Потом имя затерлось, показалось: «Саушка, не забудь ключи!», «Саушка, я сегодня поздно!», «Дурак ты, Саушка!» Да, дурак. Даже когда Тигра съезжала от меня — очень буднично, по-деловому, безо всяких эксцессов, — то приложилась сжатыми губами к моей скуле и подытожила: «Ты так Саушкой и останешься, а я меняюсь, мне воздуха нужно, чего-то нового, взрослого, сумасшедшего… Другого, понимаешь?» — вынуждая меня кивать и поддакивать, кивать и поддакивать. Кажется, даже утешать — теперь я уже не помнил.
То, что в тот же день Тигра отправится к Карену, мне бы не привиделось и в страшном сне.

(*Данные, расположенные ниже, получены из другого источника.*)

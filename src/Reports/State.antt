-- ===== src/Reports/State.antt =====
-- The receiver reports of one peer as the other reads them, and the counts behind them
-- (discord/ext/native_voice/client.py).
use mathlib.Core.Path.{subst}
use discord_native_voice.Prelude.{
  ℕ, ◌+◌, ◌*◌, ◌%◌, ◌^◌, ◌≤◌, ◌≡◌, refl, sym, ◌∙◌, true, Option, none, some, ltb, nat_eq, arith,
  Bool-cases, inl, inr, ◌||◌, ◌==◌, if◌then◌else◌,
}
use discord_native_voice.Prelude.Int.{ℤ, pos, sub_ℕ, ltb_ℤ, pos_part, ◌-ℤ◌}
use discord_native_voice.Prelude.Dict.{get, put, get-put, Pair-eq}
use discord_native_voice.Rtp.{RtcpReceiverReport}
use discord_native_voice.Rtp.Sequence.{unwrap_sequence}
use discord_native_voice.Reports.{
  RtcpReceiveReportState, Reports, round_div, fraction_of, since_sender_report, expected_of,
  lost_of, rtcp_receiver_report_block, count_packet, jitter_from, update_jitter, report_if_due,
  report_state, read_reports, store_reports, prune_rtcp_receiver_reports,
  handle_rtcp_receiver_report,
}
use discord_native_voice.Reports.Block.{
  clamp_lost, read_report-block_bytes, fraction_of-le, delay-lt,
}

-- What a report says of a state, in the reader's terms.
abbrev pub reported : ℕ → ℕ → ℕ → RtcpReceiveReportState → Option (ℕ × ℕ) → ℕ → RtcpReceiverReport
reported sender now ssrc state sender_report at = record {
  sender_ssrc = sender;
  source_ssrc = ssrc % 4294967296;
  fraction_lost = fraction_of (sub_ℕ (expected_of state) state.expected_prior) (
      sub_ℕ (expected_of state) state.expected_prior
      -ℤ sub_ℕ state.packets_received state.received_prior);
  cumulative_lost = clamp_lost (lost_of state);
  extended_high_sequence = state.max_extended_sequence % 4294967296;
  jitter = round_div state.jitter (16 ^ state.jitter_scale) % 4294967296;
  last_sender_report = (since_sender_report sender_report at).0 % 4294967296;
  delay_since_last_sender_report = (since_sender_report sender_report at).1;
  received_at = now;
}

-- A report block that one peer writes is what the other peer reads, whatever the state, its losses
-- clamped to 24 bits and its counts reduced to 32 bits: the reader's table then holds that report
-- under the two SSRCs.
pub handle-rtcp_receiver_report_block :
    (sender now ssrc at : ℕ) (state : RtcpReceiveReportState) (sender_report : Option (ℕ × ℕ))
    (r : Reports)
    → get
        (sender, ssrc % 4294967296)
        (handle_rtcp_receiver_report sender 1
          (rtcp_receiver_report_block ssrc state sender_report at).0
          now
          r).receiver_reports
      ≡ some (reported sender now ssrc state sender_report at)
unfolding handle_rtcp_receiver_report rtcp_receiver_report_block read_reports store_reports
handle-rtcp_receiver_report_block sender now ssrc at state sender_report r =
    let e = sub_ℕ (expected_of state) state.expected_prior in
    let l = e -ℤ sub_ℕ state.packets_received state.received_prior in
    let since = since_sender_report sender_report at in
    let few = fraction_of-le e l in
    let read =
      read_report-block_bytes sender now ssrc (fraction_of e l) state.max_extended_sequence
        (round_div state.jitter (16 ^ state.jitter_scale)) since.0 since.1 (lost_of state)
        (omega arith) (delay-lt sender_report at) in
    let key : ℕ × ℕ = (sender, ssrc % 4294967296) in
    let same : (key == key) ≡ true = ground arith in
    let d = (prune_rtcp_receiver_reports now r).receiver_reports in
    let kept = get-put key key (reported sender now ssrc state sender_report at) d ∙ rw same refl in
    subst
      (λ report.
        get key (put (report.sender_ssrc, report.source_ssrc) report d)
        ≡ some (reported sender now ssrc state sender_report at))
      (sym read) kept

-- The highest number is not below the first, and a report never covers more than was counted.
pub record IsState (state : RtcpReceiveReportState) : Type 0 where
  pub range : state.base_extended_sequence ≤ state.max_extended_sequence
  pub prior_expected : state.expected_prior ≤ expected_of state
  pub prior_received : state.received_prior ≤ state.packets_received
  pub some_received : 1 ≤ state.packets_received

abbrev pub AllState : Option RtcpReceiveReportState → Type 0
AllState none = Unit
AllState (some state) = IsState state

count_packet-IsState :
    (sequence : ℕ) (state : Option RtcpReceiveReportState)
    → AllState state
    → IsState (count_packet sequence state)
unfolding count_packet
count_packet-IsState sequence none h = record {
  range = omega arith;
  prior_expected = omega arith;
  prior_received = omega arith;
  some_received = omega arith;
}
count_packet-IsState sequence (some state) h =
    let next = unwrap_sequence sequence state.max_extended_sequence in
    let grows : state.max_extended_sequence ≤ (
        if ltb_ℤ (pos state.max_extended_sequence) next
        then pos_part next
        else state.max_extended_sequence) =
      ground arith in
    record {
      range = omega (arith, grows, h.range);
      prior_expected = omega (arith, grows, h.range, h.prior_expected);
      prior_received = omega (arith, h.prior_received);
      some_received = omega arith;
    }

jitter_from-IsState :
    (transit : ℤ) (previous : Option ℤ) (state : RtcpReceiveReportState)
    → IsState state
    → IsState (jitter_from transit previous state)
unfolding jitter_from
jitter_from-IsState transit none state h = record {
  range = h.range;
  prior_expected = h.prior_expected;
  prior_received = h.prior_received;
  some_received = h.some_received;
}
jitter_from-IsState transit (some previous) state h = record {
  range = h.range;
  prior_expected = h.prior_expected;
  prior_received = h.prior_received;
  some_received = h.some_received;
}

block-IsState :
    (ssrc at : ℕ) (state : RtcpReceiveReportState) (sender_report : Option (ℕ × ℕ))
    → IsState state
    → IsState (rtcp_receiver_report_block ssrc state sender_report at).1
unfolding rtcp_receiver_report_block
block-IsState ssrc at state sender_report h = record {
  range = h.range;
  prior_expected = omega arith;
  prior_received = omega arith;
  some_received = h.some_received;
}

report_if_due-IsState :
    (own_ssrc ssrc received_at interval : ℕ) (sender_report : Option (ℕ × ℕ)) (now : ℕ)
    (state : RtcpReceiveReportState)
    → IsState state
    → IsState (report_if_due own_ssrc ssrc received_at interval sender_report now state).1
unfolding report_if_due
report_if_due-IsState own_ssrc ssrc received_at interval sender_report now state h =
    elim (Bool-cases (nat_eq interval 0 || ltb received_at (state.last_report_at + interval))) [
      | inl wait ↦ rw wait h
      | inr due ↦ rw due (
          block-IsState ssrc now (record state { last_report_at = received_at }) sender_report
            (record {
              range = h.range;
              prior_expected = h.prior_expected;
              prior_received = h.prior_received;
              some_received = h.some_received;
            }))
    ]

-- Whatever packets arrive, and whether a report is due or not, the state of an SSRC keeps its counts
-- in order: the highest number never falls below the first, and the counts at the last report never
-- exceed the present ones.
pub report_state-IsState :
    (own_ssrc ssrc sequence timestamp received_at interval : ℕ)
    (state : Option RtcpReceiveReportState) (sender_report : Option (ℕ × ℕ)) (now : ℕ)
    → AllState state
    → IsState
        (report_state own_ssrc ssrc sequence timestamp received_at interval state sender_report
          now).1
unfolding report_state update_jitter
report_state-IsState own_ssrc ssrc sequence timestamp received_at interval state report now h =
    let counted = count_packet (sequence % 65536) state in
    report_if_due-IsState own_ssrc ssrc received_at interval report now _ (
      jitter_from-IsState (sub_ℕ (round_div (received_at * 9) 100) timestamp) counted.transit
        counted (count_packet-IsState (sequence % 65536) state h))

Я потерял разом любимую и двух лучших друзей.
Теперь сквозь домашнюю тьму я вглядывался в контуры ее тела. Я так и не понял, просыпалась она или нет.
Еще часа два я ворочался, перебирая день за днем нашу жизнь с Тигрой, вороша все самое неприятное и злое. Потом встал, вышел на кухню. Не зажигая света, сварил кофе. Какой тут — спать! Смотрел в окно, пока облака не начали бледнеть на востоке. Черные ломаные контуры крыш, и ни огонька — как в безлюдных горах. Лишь вдалеке едва заметно зеленел островерхий минарет, а за ним белым пятном выделялась колокольня. Ночи все темней.